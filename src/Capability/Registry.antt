-- ===== src/Capability/Registry.antt =====
-- src/capability.rs, `CapabilityHandle` and `CapabilityRegistry`: a table of at most 64 handles,
-- each with the rights it was issued with. `Invariant` and `Handles` hold the theorems.
pub mod Invariant
pub mod Handles
use Prim.Native.Nat.{ℕ}
use mathlib.Core.Bool.{Bool, true, false, not, ◌&&◌, ◌||◌}
use mathlib.Core.Option
use mathlib.Core.Option.{Option, none, some}
use mathlib.Core.List.{List}
use alani_kernel.Common.Tests.{◌==◌, if◌then◌else◌}
use alani_kernel.Common.Words.{u32_mod, u64_mod, checked_add}
use alani_kernel.Common.Lists.{find, update_first, replicate}
use alani_kernel.Error.{KernelError}
use alani_kernel.Outcome.{KernelResult, ok, err, reject_if, ok_or}
use alani_kernel.Outcome
use alani_kernel.Method.{
  Method, try, ◌>>=◌, ◌>>◌, return, self, modify, query, throw_if, ok_or_throw,
}
use alani_kernel.Capability.{TaskId, Capability, CapabilitySet, from_bits, contains, attenuate}

-- `MAX_CAPABILITY_RECORDS`
abbrev pub max_capability_records : ℕ
max_capability_records = 64

-- `CapabilityHandle`
pub record CapabilityHandle : Type 0 where
  pub id : ℕ
  pub rights : ℕ
  pub owner_task : TaskId
  pub generation : ℕ

-- `CapabilityHandle::invalid`
abbrev pub invalid : CapabilityHandle
invalid = record { id = 0; rights = 0; owner_task = 0; generation = 0 }

-- `CapabilityHandle::rights`
unfoldable pub handle_rights : CapabilityHandle → KernelResult CapabilitySet
unfolding from_bits
handle_rights h = from_bits h.rights

-- `CapabilityRecord`
pub record CapabilityRecord : Type 0 where
  pub handle : CapabilityHandle
  pub revoked : Bool

-- `CapabilityRecord::EMPTY`
abbrev pub empty_record : CapabilityRecord
empty_record = record { handle = invalid; revoked = true }

-- `CapabilityRegistry`
pub record CapabilityRegistry : Type 0 where
  pub records : List CapabilityRecord
  pub next_id : ℕ
  pub next_generation : ℕ

-- `CapabilityRegistry::new`
abbrev pub new : CapabilityRegistry
new = record {
  records = replicate max_capability_records empty_record;
  next_id = 1;
  next_generation = 1;
}

-- The test by which `issue` chooses a slot.
abbrev pub is_free : CapabilityRecord → Bool
is_free r = r.handle.id == 0 || r.revoked

-- The test by which `revoke` and `resolve` find the record of a handle.
abbrev pub is_live : CapabilityHandle → CapabilityRecord → Bool
is_live h r = not r.revoked && r.handle.id == h.id && r.handle.generation == h.generation

-- `next_generation.checked_add(1).unwrap_or(1)`
abbrev pub next_after : ℕ → ℕ
next_after g = Option.get_or (checked_add u32_mod g 1) 1

unfoldable pub issue : TaskId → CapabilitySet → Method CapabilityRegistry CapabilityHandle
issue owner_task rights = do
  r ← self
  slot ← ok_or_throw (find is_free r.records) KernelError.capacity_exceeded
  let handle : CapabilityHandle = record {
    id = r.next_id;
    rights = rights.bits;
    owner_task = owner_task;
    generation = r.next_generation;
  }
  next ← ok_or_throw (checked_add u64_mod r.next_id 1) KernelError.internal
  modify (λ s. record s { next_id = next; next_generation = next_after s.next_generation })
  modify (λ s. record s {
    records = update_first is_free (λ _. record { handle = handle; revoked = false }) s.records;
  })
  return handle

unfoldable pub resolve : CapabilityRegistry → CapabilityHandle → KernelResult CapabilitySet
resolve r handle =
    if handle.id == 0
    then err KernelError.not_found
    else Outcome.◌>>=◌ (ok_or (find (is_live handle) r.records) KernelError.not_found)
        λ found. from_bits found.handle.rights

-- `CapabilityRegistry::derive`
unfoldable pub derive :
    CapabilityHandle → TaskId → CapabilitySet → Method CapabilityRegistry CapabilityHandle
derive parent owner_task requested = do
  parent_rights ← query (λ r. resolve r parent)
  child_rights ← query (λ _. attenuate parent_rights requested)
  issue owner_task child_rights

unfoldable pub revoke : CapabilityHandle → Method CapabilityRegistry (Unit {0})
revoke handle = do
  r ← self
  found ← ok_or_throw (find (is_live handle) r.records) KernelError.not_found
  modify (λ s. record s {
    records = update_first (is_live handle) (λ e. record e { revoked = true }) s.records;
  })

unfoldable pub handle_contains :
    CapabilityRegistry → CapabilityHandle → Capability → KernelResult Bool
handle_contains r handle required =
    Outcome.◌>>=◌ (resolve r handle) λ rights. ok (contains rights required)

> _Exercise aim_
Transcribe the data in full, keeping every character.

> _Exercise answer_
filename src/Capability/Registry.antt
-- ===== src/Capability/Registry.antt =====
-- src/capability.rs, `CapabilityHandle` and `CapabilityRegistry`: a table of at most 64 handles,
-- each with the rights it was issued with. `Invariant` and `Handles` hold the theorems.
pub mod Invariant
pub mod Handles
use Prim.Native.Nat.{ℕ}
use mathlib.Core.Bool.{Bool, true, false, not, ◌&&◌, ◌||◌}
use mathlib.Core.Option
use mathlib.Core.Option.{Option, none, some}
use mathlib.Core.List.{List}
use alani_kernel.Common.Tests.{◌==◌, if◌then◌else◌}
use alani_kernel.Common.Words.{u32_mod, u64_mod, checked_add}
use alani_kernel.Common.Lists.{find, update_first, replicate}
use alani_kernel.Error.{KernelError}
use alani_kernel.Outcome.{KernelResult, ok, err, reject_if, ok_or}
use alani_kernel.Outcome
use alani_kernel.Method.{
  Method, try, ◌>>=◌, ◌>>◌, return, self, modify, query, throw_if, ok_or_throw,
}
use alani_kernel.Capability.{TaskId, Capability, CapabilitySet, from_bits, contains, attenuate}

-- `MAX_CAPABILITY_RECORDS`
abbrev pub max_capability_records : ℕ
max_capability_records = 64

-- `CapabilityHandle`
pub record CapabilityHandle : Type 0 where
  pub id : ℕ
  pub rights : ℕ
  pub owner_task : TaskId
  pub generation : ℕ

-- `CapabilityHandle::invalid`
abbrev pub invalid : CapabilityHandle
invalid = record { id = 0; rights = 0; owner_task = 0; generation = 0 }

-- `CapabilityHandle::rights`
unfoldable pub handle_rights : CapabilityHandle → KernelResult CapabilitySet
unfolding from_bits
handle_rights h = from_bits h.rights

-- `CapabilityRecord`
pub record CapabilityRecord : Type 0 where
  pub handle : CapabilityHandle
  pub revoked : Bool

-- `CapabilityRecord::EMPTY`
abbrev pub empty_record : CapabilityRecord
empty_record = record { handle = invalid; revoked = true }

-- `CapabilityRegistry`
pub record CapabilityRegistry : Type 0 where
  pub records : List CapabilityRecord
  pub next_id : ℕ
  pub next_generation : ℕ

-- `CapabilityRegistry::new`
abbrev pub new : CapabilityRegistry
new = record {
  records = replicate max_capability_records empty_record;
  next_id = 1;
  next_generation = 1;
}

-- The test by which `issue` chooses a slot.
abbrev pub is_free : CapabilityRecord → Bool
is_free r = r.handle.id == 0 || r.revoked

-- The test by which `revoke` and `resolve` find the record of a handle.
abbrev pub is_live : CapabilityHandle → CapabilityRecord → Bool
is_live h r = not r.revoked && r.handle.id == h.id && r.handle.generation == h.generation

-- `next_generation.checked_add(1).unwrap_or(1)`
abbrev pub next_after : ℕ → ℕ
next_after g = Option.get_or (checked_add u32_mod g 1) 1

unfoldable pub issue : TaskId → CapabilitySet → Method CapabilityRegistry CapabilityHandle
issue owner_task rights = do
  r ← self
  slot ← ok_or_throw (find is_free r.records) KernelError.capacity_exceeded
  let handle : CapabilityHandle = record {
    id = r.next_id;
    rights = rights.bits;
    owner_task = owner_task;
    generation = r.next_generation;
  }
  next ← ok_or_throw (checked_add u64_mod r.next_id 1) KernelError.internal
  modify (λ s. record s { next_id = next; next_generation = next_after s.next_generation })
  modify (λ s. record s {
    records = update_first is_free (λ _. record { handle = handle; revoked = false }) s.records;
  })
  return handle

unfoldable pub resolve : CapabilityRegistry → CapabilityHandle → KernelResult CapabilitySet
resolve r handle =
    if handle.id == 0
    then err KernelError.not_found
    else Outcome.◌>>=◌ (ok_or (find (is_live handle) r.records) KernelError.not_found)
        λ found. from_bits found.handle.rights

-- `CapabilityRegistry::derive`
unfoldable pub derive :
    CapabilityHandle → TaskId → CapabilitySet → Method CapabilityRegistry CapabilityHandle
derive parent owner_task requested = do
  parent_rights ← query (λ r. resolve r parent)
  child_rights ← query (λ _. attenuate parent_rights requested)
  issue owner_task child_rights

unfoldable pub revoke : CapabilityHandle → Method CapabilityRegistry (Unit {0})
revoke handle = do
  r ← self
  found ← ok_or_throw (find (is_live handle) r.records) KernelError.not_found
  modify (λ s. record s {
    records = update_first (is_live handle) (λ e. record e { revoked = true }) s.records;
  })

unfoldable pub handle_contains :
    CapabilityRegistry → CapabilityHandle → Capability → KernelResult Bool
handle_contains r handle required =
    Outcome.◌>>=◌ (resolve r handle) λ rights. ok (contains rights required)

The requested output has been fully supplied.